# ASSIGNMENT:
Your answer must be an exact transcription of every entry.

# PROVIDED DATA:
>>>
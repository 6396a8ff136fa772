-- ===== src/Seeding/Rows.antt =====
-- The rows that scripts/seed.py makes. A UUID is a number with the text that `str` gives it, and a
-- payload is the text of its JSON. The clock is past the year 1, so an age can be taken from it.
use notify_queue.Base.{
  ℕ, zero, suc, ◌+◌, ◌-◌, ◌*◌, ◌^◌, Bool, none, some, List, [], ◌∷◌, ◌++◌, Text, codes,
  if◌then◌else◌,
}
use notify_queue.Schema.{Job, JobStatus, Channel, Priority, DeadLetter, WebhookLog, microseconds}
use notify_queue.Base.Decimal.{decimal}

-- What the random numbers choose for one job: places in the lists of texts, ages and delays in their
-- ranges; and the id and the clock of the server.
pub record Draw : Type 0 where
  pub channel : Channel
  pub recipient : ℕ
  pub priority : Priority
  pub has_callback : Bool
  pub age_minutes : ℕ
  pub keyed : Bool
  pub sent_seconds : ℕ
  pub sent_attempts : ℕ
  pub ahead_minutes : ℕ
  pub attempt : ℕ
  pub error : ℕ
  pub worker : ℕ
  pub failed_minutes : ℕ
  pub id : ℕ
  pub id_text : Text
  pub clock : ℕ

pub data Kind : Type 0 where
  sent pending_future retrying queued claimed dead_lettered : Kind

-- `rng.choice` of a tuple, by a place in it.
unfoldable pub choice : List Text → ℕ → Text
choice [] n = []
choice (t ∷ ts) zero = t
choice (t ∷ ts) (suc n) = choice ts n

abbrev pub recipients : List Text
recipients =
    codes "ada@example.com"
    ∷ codes "grace@example.com"
    ∷ codes "linus@example.com"
    ∷ codes "margaret@example.com"
    ∷ codes "alan@example.com"
    ∷ codes "barbara@example.com"
    ∷ codes "dennis@example.com"
    ∷ codes "katherine@example.com"
    ∷ codes "+2348012345670"
    ∷ codes "+2348012345671"
    ∷ []

abbrev pub errors : List Text
errors =
    codes "simulated delivery failure on channel email"
    ∷ codes "provider timeout after 5s"
    ∷ codes "recipient mailbox unavailable"
    ∷ codes "connection reset by provider"
    ∷ []

abbrev pub quoted : Text → Text
quoted t = b'"' ∷ t ++ b'"' ∷ []

-- An object of two texts, and of one.
abbrev pub object_of : Text → Text → Text → Text → Text
object_of k t l u =
    b'{' ∷ quoted k
    ++ codes ": "
    ++ quoted t
    ++ codes ", "
    ++ quoted l
    ++ codes ": "
    ++ quoted u
    ++ codes "}"

abbrev pub object_of_one : Text → Text → Text
object_of_one k t = b'{' ∷ quoted k ++ codes ": " ++ quoted t ++ codes "}"

unfoldable pub payload_for : Channel → ℕ → Text
payload_for Channel.email n =
    object_of (codes "subject") (codes "Order #" ++ decimal (1000 + n) ++ codes " confirmed")
      (codes "body") (codes "Thanks for your order.")
payload_for Channel.sms n =
    object_of_one (codes "message") (codes "Your verification code is " ++ decimal (100_000 + n))
payload_for Channel.push n =
    object_of (codes "title") (codes "Package update") (codes "body")
      (codes "Shipment #" ++ decimal (1000 + n) ++ codes " is out for delivery")

abbrev pub minutes : ℕ → ℕ
minutes n = microseconds (n * 60)

abbrev pub created_time : ℕ → Draw → ℕ
created_time now d = now - minutes d.age_minutes

-- `base_job` with what `insert` puts into the other columns.
unfoldable pub base_job : ℕ → ℕ → Draw → Job
unfolding choice payload_for
base_job now sequence d = record {
  id = d.id;
  recipient = choice recipients d.recipient;
  channel = d.channel;
  payload = payload_for d.channel sequence;
  send_at = created_time now d;
  priority = d.priority;
  status = JobStatus.pending;
  attempt_count = 0;
  max_attempts = 5;
  next_retry_at = none;
  worker_id = none;
  claimed_at = none;
  heartbeat_at = none;
  sent_at = none;
  failed_at = none;
  error_message = none;
  callback_url = if d.has_callback then some (codes "https://example.com/hooks/notify") else none;
  created_at = created_time now d;
  updated_at = created_time now d;
}

abbrev pub sent_time : ℕ → Draw → ℕ
sent_time now d = created_time now d + microseconds d.sent_seconds

unfoldable pub sent_row : ℕ → ℕ → Draw → Job
unfolding base_job
sent_row now sequence d = record (base_job now sequence d) {
  status = JobStatus.sent;
  attempt_count = d.sent_attempts;
  sent_at = some (sent_time now d);
}

unfoldable pub pending_future_row : ℕ → ℕ → Draw → Job
unfolding base_job
pending_future_row now sequence d = record (base_job now sequence d) {
  send_at = now + minutes d.ahead_minutes;
}

unfoldable pub retrying_row : ℕ → ℕ → Draw → Job
unfolding base_job
retrying_row now sequence d =
    let next_retry = now + microseconds (30 * 2 ^ (d.attempt - 1)) in
    record (base_job now sequence d) {
      attempt_count = d.attempt;
      send_at = next_retry;
      next_retry_at = some next_retry;
      error_message = some (choice errors d.error);
    }

unfoldable pub queued_row : ℕ → ℕ → Draw → Job
unfolding base_job
queued_row now sequence d = record (base_job now sequence d) {
  status = JobStatus.queued;
  send_at = now;
}

unfoldable pub claimed_row : ℕ → ℕ → Draw → Job
unfolding base_job
claimed_row now sequence d = record (base_job now sequence d) {
  status = JobStatus.claimed;
  send_at = now - microseconds 5;
  worker_id = some d.worker;
  claimed_at = some now;
  heartbeat_at = some now;
}

abbrev pub failed_time : ℕ → Draw → ℕ
failed_time now d = created_time now d + minutes d.failed_minutes

unfoldable pub dead_lettered_row : ℕ → ℕ → Draw → Job
unfolding base_job
dead_lettered_row now sequence d = record (base_job now sequence d) {
  status = JobStatus.dead_lettered;
  attempt_count = 5;
  failed_at = some (failed_time now d);
  error_message = some (choice errors d.error);
}

-- INSERT_DEAD_LETTER
abbrev pub seeded_letter : Draw → Job → DeadLetter
seeded_letter d job = record {
  job_id = d.id;
  recipient = job.recipient;
  channel = job.channel;
  payload = job.payload;
  attempt_count = 5;
  last_error = some (choice errors d.error);
  dead_lettered_at = d.clock;
}

-- INSERT_WEBHOOK_LOG; the table numbers the attempt 1.
abbrev pub seeded_log : ℕ → Text → Text → ℕ → WebhookLog
seeded_log job_id url status at = record {
  job_id = job_id;
  callback_url = url;
  status_change = status;
  payload = record { job_id = job_id; status = status; timestamp = at };
  http_status = some 200;
  attempt = 1;
  fired_at = at;
}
<<<
# FINISHED TASK:
repository 6396a8ff136fa772
-- ===== src/Seeding/Rows.antt =====
-- The rows that scripts/seed.py makes. A UUID is a number with the text that `str` gives it, and a
-- payload is the text of its JSON. The clock is past the year 1, so an age can be taken from it.
use notify_queue.Base.{
  ℕ, zero, suc, ◌+◌, ◌-◌, ◌*◌, ◌^◌, Bool, none, some, List, [], ◌∷◌, ◌++◌, Text, codes,
  if◌then◌else◌,
}
use notify_queue.Schema.{Job, JobStatus, Channel, Priority, DeadLetter, WebhookLog, microseconds}
use notify_queue.Base.Decimal.{decimal}

-- What the random numbers choose for one job: places in the lists of texts, ages and delays in their
-- ranges; and the id and the clock of the server.
pub record Draw : Type 0 where
  pub channel : Channel
  pub recipient : ℕ
  pub priority : Priority
  pub has_callback : Bool
  pub age_minutes : ℕ
  pub keyed : Bool
  pub sent_seconds : ℕ
  pub sent_attempts : ℕ
  pub ahead_minutes : ℕ
  pub attempt : ℕ
  pub error : ℕ
  pub worker : ℕ
  pub failed_minutes : ℕ
  pub id : ℕ
  pub id_text : Text
  pub clock : ℕ

pub data Kind : Type 0 where
  sent pending_future retrying queued claimed dead_lettered : Kind

-- `rng.choice` of a tuple, by a place in it.
unfoldable pub choice : List Text → ℕ → Text
choice [] n = []
choice (t ∷ ts) zero = t
choice (t ∷ ts) (suc n) = choice ts n

abbrev pub recipients : List Text
recipients =
    codes "ada@example.com"
    ∷ codes "grace@example.com"
    ∷ codes "linus@example.com"
    ∷ codes "margaret@example.com"
    ∷ codes "alan@example.com"
    ∷ codes "barbara@example.com"
    ∷ codes "dennis@example.com"
    ∷ codes "katherine@example.com"
    ∷ codes "+2348012345670"
    ∷ codes "+2348012345671"
    ∷ []

abbrev pub errors : List Text
errors =
    codes "simulated delivery failure on channel email"
    ∷ codes "provider timeout after 5s"
    ∷ codes "recipient mailbox unavailable"
    ∷ codes "connection reset by provider"
    ∷ []

abbrev pub quoted : Text → Text
quoted t = b'"' ∷ t ++ b'"' ∷ []

-- An object of two texts, and of one.
abbrev pub object_of : Text → Text → Text → Text → Text
object_of k t l u =
    b'{' ∷ quoted k
    ++ codes ": "
    ++ quoted t
    ++ codes ", "
    ++ quoted l
    ++ codes ": "
    ++ quoted u
    ++ codes "}"

abbrev pub object_of_one : Text → Text → Text
object_of_one k t = b'{' ∷ quoted k ++ codes ": " ++ quoted t ++ codes "}"

unfoldable pub payload_for : Channel → ℕ → Text
payload_for Channel.email n =
    object_of (codes "subject") (codes "Order #" ++ decimal (1000 + n) ++ codes " confirmed")
      (codes "body") (codes "Thanks for your order.")
payload_for Channel.sms n =
    object_of_one (codes "message") (codes "Your verification code is " ++ decimal (100_000 + n))
payload_for Channel.push n =
    object_of (codes "title") (codes "Package update") (codes "body")
      (codes "Shipment #" ++ decimal (1000 + n) ++ codes " is out for delivery")

abbrev pub minutes : ℕ → ℕ
minutes n = microseconds (n * 60)

abbrev pub created_time : ℕ → Draw → ℕ
created_time now d = now - minutes d.age_minutes

-- `base_job` with what `insert` puts into the other columns.
unfoldable pub base_job : ℕ → ℕ → Draw → Job
unfolding choice payload_for
base_job now sequence d = record {
  id = d.id;
  recipient = choice recipients d.recipient;
  channel = d.channel;
  payload = payload_for d.channel sequence;
  send_at = created_time now d;
  priority = d.priority;
  status = JobStatus.pending;
  attempt_count = 0;
  max_attempts = 5;
  next_retry_at = none;
  worker_id = none;
  claimed_at = none;
  heartbeat_at = none;
  sent_at = none;
  failed_at = none;
  error_message = none;
  callback_url = if d.has_callback then some (codes "https://example.com/hooks/notify") else none;
  created_at = created_time now d;
  updated_at = created_time now d;
}

abbrev pub sent_time : ℕ → Draw → ℕ
sent_time now d = created_time now d + microseconds d.sent_seconds

unfoldable pub sent_row : ℕ → ℕ → Draw → Job
unfolding base_job
sent_row now sequence d = record (base_job now sequence d) {
  status = JobStatus.sent;
  attempt_count = d.sent_attempts;
  sent_at = some (sent_time now d);
}

unfoldable pub pending_future_row : ℕ → ℕ → Draw → Job
unfolding base_job
pending_future_row now sequence d = record (base_job now sequence d) {
  send_at = now + minutes d.ahead_minutes;
}

unfoldable pub retrying_row : ℕ → ℕ → Draw → Job
unfolding base_job
retrying_row now sequence d =
    let next_retry = now + microseconds (30 * 2 ^ (d.attempt - 1)) in
    record (base_job now sequence d) {
      attempt_count = d.attempt;
      send_at = next_retry;
      next_retry_at = some next_retry;
      error_message = some (choice errors d.error);
    }

unfoldable pub queued_row : ℕ → ℕ → Draw → Job
unfolding base_job
queued_row now sequence d = record (base_job now sequence d) {
  status = JobStatus.queued;
  send_at = now;
}

unfoldable pub claimed_row : ℕ → ℕ → Draw → Job
unfolding base_job
claimed_row now sequence d = record (base_job now sequence d) {
  status = JobStatus.claimed;
  send_at = now - microseconds 5;
  worker_id = some d.worker;
  claimed_at = some now;
  heartbeat_at = some now;
}

abbrev pub failed_time : ℕ → Draw → ℕ
failed_time now d = created_time now d + minutes d.failed_minutes

unfoldable pub dead_lettered_row : ℕ → ℕ → Draw → Job
unfolding base_job
dead_lettered_row now sequence d = record (base_job now sequence d) {
  status = JobStatus.dead_lettered;
  attempt_count = 5;
  failed_at = some (failed_time now d);
  error_message = some (choice errors d.error);
}

-- INSERT_DEAD_LETTER
abbrev pub seeded_letter : Draw → Job → DeadLetter
seeded_letter d job = record {
  job_id = d.id;
  recipient = job.recipient;
  channel = job.channel;
  payload = job.payload;
  attempt_count = 5;
  last_error = some (choice errors d.error);
  dead_lettered_at = d.clock;
}

-- INSERT_WEBHOOK_LOG; the table numbers the attempt 1.
abbrev pub seeded_log : ℕ → Text → Text → ℕ → WebhookLog
seeded_log job_id url status at = record {
  job_id = job_id;
  callback_url = url;
  status_change = status;
  payload = record { job_id = job_id; status = status; timestamp = at };
  http_status = some 200;
  attempt = 1;
  fired_at = at;
}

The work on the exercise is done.